PROBLEM TO SOLVE
The lines needed are those below that contain the word "stands"; copy each one.

DATASET
=== Begin Enclosure ===

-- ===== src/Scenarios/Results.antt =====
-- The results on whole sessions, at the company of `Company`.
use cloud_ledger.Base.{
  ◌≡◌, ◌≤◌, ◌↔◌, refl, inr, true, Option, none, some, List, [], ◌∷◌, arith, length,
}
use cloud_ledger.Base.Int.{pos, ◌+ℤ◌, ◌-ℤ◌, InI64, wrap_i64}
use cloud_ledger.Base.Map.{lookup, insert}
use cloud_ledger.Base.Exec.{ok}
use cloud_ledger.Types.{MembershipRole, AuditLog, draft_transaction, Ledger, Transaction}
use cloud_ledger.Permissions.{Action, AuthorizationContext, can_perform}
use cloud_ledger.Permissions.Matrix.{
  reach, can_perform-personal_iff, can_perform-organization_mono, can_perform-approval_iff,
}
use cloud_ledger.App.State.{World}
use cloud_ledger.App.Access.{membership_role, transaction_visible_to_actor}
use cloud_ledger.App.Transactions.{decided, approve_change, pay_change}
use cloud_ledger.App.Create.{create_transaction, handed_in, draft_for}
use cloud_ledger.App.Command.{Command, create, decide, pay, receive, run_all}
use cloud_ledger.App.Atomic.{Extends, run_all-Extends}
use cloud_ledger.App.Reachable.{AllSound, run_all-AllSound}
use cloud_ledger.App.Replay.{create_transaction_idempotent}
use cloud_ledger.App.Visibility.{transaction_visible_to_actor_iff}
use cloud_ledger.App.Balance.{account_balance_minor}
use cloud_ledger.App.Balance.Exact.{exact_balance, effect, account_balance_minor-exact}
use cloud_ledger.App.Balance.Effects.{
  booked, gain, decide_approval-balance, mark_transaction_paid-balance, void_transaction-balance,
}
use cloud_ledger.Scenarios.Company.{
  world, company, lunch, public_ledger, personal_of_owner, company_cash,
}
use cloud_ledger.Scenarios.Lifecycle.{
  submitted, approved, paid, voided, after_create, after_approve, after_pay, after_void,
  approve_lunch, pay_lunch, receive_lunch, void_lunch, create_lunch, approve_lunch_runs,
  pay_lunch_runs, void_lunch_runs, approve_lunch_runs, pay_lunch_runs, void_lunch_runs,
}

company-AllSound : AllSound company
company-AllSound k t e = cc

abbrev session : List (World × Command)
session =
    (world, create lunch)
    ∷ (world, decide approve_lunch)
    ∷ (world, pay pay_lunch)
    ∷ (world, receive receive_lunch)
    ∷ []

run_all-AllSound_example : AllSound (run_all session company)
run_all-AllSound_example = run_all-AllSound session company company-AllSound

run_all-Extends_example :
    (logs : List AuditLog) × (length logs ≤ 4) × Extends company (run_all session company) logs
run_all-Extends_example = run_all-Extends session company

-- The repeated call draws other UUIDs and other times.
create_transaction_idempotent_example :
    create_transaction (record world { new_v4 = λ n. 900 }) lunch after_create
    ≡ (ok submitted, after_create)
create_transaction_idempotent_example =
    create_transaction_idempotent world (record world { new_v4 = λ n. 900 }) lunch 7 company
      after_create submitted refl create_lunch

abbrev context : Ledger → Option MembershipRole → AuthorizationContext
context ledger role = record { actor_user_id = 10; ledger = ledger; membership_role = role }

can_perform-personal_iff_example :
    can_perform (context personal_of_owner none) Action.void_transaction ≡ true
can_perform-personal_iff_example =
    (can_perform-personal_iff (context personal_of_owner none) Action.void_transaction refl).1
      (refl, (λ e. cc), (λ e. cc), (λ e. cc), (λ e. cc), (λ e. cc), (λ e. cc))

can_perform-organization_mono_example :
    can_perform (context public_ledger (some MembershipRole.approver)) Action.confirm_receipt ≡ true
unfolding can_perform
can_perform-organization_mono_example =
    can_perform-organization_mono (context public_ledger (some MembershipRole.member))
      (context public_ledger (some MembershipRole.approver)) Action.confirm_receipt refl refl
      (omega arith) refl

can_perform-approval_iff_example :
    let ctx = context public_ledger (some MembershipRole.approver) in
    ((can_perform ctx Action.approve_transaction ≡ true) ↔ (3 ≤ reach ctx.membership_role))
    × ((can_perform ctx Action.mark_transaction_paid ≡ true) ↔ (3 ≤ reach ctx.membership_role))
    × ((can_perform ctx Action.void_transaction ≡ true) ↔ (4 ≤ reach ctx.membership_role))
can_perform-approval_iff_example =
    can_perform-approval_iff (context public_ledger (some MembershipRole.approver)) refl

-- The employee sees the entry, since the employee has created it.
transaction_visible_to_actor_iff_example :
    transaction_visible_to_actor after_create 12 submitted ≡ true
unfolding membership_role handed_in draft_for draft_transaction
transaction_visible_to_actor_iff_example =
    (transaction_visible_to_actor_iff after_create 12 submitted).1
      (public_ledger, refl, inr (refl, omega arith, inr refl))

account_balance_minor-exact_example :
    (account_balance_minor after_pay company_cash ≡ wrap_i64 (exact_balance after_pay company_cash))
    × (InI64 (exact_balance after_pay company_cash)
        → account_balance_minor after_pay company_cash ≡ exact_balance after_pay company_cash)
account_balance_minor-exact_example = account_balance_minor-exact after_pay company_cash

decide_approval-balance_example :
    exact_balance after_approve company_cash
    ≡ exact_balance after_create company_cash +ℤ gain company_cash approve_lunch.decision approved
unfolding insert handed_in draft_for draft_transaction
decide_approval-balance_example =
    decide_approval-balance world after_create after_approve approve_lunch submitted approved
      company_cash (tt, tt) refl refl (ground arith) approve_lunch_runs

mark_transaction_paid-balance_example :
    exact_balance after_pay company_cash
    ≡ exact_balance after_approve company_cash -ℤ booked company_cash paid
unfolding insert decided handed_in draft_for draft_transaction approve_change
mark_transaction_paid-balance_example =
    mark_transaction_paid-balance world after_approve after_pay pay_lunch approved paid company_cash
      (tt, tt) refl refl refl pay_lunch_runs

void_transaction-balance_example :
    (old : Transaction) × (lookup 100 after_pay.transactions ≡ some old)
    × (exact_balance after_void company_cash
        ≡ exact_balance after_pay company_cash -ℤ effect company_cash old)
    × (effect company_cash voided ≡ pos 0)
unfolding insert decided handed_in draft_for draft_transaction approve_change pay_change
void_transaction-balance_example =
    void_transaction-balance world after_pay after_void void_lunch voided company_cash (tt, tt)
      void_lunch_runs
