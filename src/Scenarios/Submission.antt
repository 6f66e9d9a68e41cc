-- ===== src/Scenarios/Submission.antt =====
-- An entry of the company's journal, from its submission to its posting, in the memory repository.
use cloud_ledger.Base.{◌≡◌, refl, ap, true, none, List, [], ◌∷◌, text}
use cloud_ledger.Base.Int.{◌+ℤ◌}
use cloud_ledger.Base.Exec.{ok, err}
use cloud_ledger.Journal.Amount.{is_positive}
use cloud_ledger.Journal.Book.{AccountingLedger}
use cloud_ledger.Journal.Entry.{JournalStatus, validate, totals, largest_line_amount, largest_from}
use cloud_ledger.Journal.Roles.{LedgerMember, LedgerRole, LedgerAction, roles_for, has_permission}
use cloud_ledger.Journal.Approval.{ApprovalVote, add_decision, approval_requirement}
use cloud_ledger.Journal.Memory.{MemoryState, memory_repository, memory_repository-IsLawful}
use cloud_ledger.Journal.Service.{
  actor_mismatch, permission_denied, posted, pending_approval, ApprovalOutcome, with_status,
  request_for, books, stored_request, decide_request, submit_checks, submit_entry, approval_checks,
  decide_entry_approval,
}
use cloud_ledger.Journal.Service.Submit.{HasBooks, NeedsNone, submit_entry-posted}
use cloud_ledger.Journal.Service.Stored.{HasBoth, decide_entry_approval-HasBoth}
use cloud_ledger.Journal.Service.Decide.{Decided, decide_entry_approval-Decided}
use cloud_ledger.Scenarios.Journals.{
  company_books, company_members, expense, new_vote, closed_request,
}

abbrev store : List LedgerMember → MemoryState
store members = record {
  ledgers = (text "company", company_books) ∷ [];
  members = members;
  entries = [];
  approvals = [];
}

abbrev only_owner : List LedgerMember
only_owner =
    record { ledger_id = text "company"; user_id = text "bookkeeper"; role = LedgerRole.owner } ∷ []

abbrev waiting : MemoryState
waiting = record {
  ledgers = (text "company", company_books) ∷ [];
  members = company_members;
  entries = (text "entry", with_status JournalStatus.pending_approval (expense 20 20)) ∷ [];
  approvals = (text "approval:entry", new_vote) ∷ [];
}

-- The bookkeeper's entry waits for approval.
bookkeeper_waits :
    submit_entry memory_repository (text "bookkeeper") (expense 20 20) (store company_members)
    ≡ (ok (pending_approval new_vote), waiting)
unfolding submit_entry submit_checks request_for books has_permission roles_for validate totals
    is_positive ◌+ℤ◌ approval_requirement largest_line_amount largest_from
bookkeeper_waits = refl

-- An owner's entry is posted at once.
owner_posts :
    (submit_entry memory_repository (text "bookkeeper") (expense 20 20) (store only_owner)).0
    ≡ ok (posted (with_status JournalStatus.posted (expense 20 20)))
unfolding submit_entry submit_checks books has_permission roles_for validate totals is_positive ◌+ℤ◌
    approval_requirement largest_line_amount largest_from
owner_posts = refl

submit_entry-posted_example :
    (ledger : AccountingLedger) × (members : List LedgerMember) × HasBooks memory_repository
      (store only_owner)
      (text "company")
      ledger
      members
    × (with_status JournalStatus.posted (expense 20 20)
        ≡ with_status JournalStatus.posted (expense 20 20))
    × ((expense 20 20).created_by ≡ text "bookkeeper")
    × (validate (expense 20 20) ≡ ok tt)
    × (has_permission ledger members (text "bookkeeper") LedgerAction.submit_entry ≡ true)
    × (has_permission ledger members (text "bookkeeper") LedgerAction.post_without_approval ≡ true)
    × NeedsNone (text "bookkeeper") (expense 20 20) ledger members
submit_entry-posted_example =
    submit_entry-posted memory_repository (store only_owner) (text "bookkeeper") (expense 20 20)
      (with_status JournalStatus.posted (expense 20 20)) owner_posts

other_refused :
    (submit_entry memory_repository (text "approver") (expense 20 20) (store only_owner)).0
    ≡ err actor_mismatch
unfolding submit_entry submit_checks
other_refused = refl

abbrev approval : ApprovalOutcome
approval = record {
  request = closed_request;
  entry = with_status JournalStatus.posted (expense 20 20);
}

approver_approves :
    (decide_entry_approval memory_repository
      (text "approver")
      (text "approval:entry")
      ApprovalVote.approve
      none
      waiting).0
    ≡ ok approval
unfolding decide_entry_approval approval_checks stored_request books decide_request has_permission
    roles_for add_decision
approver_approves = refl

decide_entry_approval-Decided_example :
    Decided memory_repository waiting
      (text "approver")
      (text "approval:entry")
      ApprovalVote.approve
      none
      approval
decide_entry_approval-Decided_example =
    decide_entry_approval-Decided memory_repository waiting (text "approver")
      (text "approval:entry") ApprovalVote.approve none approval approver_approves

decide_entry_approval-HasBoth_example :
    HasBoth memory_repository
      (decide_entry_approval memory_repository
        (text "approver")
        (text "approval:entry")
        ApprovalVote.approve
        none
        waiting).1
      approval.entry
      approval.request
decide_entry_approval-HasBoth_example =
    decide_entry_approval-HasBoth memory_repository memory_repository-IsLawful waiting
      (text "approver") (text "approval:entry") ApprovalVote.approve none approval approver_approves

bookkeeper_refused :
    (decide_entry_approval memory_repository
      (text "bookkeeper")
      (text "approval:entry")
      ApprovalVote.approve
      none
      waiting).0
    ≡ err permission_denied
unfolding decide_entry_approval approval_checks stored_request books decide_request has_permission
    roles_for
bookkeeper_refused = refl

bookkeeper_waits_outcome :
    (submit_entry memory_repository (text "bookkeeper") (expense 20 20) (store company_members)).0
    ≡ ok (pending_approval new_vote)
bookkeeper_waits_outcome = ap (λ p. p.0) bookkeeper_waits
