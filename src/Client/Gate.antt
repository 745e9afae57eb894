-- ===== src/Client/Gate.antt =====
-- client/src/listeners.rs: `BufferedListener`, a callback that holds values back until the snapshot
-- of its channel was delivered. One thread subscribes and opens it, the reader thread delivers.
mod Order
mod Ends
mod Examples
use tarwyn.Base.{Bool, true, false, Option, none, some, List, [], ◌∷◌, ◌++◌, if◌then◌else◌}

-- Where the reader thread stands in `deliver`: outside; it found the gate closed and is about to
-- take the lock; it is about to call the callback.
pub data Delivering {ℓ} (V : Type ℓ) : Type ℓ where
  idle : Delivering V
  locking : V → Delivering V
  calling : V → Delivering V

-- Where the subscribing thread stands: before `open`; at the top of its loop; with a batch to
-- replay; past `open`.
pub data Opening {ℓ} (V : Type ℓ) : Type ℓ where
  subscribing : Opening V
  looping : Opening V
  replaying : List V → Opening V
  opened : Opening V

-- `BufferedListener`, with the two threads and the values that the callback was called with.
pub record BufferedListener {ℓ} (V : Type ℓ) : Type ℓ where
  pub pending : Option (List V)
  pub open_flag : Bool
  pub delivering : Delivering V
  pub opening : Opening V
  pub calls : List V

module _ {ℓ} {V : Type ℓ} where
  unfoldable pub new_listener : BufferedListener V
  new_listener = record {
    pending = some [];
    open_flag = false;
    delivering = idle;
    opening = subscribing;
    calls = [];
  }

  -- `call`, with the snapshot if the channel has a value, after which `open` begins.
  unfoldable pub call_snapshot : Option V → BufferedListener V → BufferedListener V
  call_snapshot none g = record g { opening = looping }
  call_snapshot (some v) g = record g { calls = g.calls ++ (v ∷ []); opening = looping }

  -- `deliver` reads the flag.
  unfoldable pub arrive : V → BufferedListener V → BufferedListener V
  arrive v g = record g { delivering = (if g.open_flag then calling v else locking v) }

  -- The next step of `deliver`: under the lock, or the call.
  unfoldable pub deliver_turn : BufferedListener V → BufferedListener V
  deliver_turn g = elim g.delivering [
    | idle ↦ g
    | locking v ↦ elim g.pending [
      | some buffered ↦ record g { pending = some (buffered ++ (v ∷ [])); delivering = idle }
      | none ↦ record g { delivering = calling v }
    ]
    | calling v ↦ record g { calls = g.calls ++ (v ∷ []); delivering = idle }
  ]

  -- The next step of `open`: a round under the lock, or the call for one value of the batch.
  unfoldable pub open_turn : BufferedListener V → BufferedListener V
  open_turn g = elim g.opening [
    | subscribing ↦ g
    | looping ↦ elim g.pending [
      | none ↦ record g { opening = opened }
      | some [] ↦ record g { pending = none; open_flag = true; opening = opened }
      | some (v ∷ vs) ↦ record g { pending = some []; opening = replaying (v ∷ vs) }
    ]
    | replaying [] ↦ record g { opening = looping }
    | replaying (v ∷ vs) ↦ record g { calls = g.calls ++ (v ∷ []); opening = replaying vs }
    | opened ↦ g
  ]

=== End Enclosure ===

REPLY
-- Where the reader thread stands in `deliver`: outside; it found the gate closed and is about to
-- Where the subscribing thread stands: before `open`; at the top of its loop; with a batch to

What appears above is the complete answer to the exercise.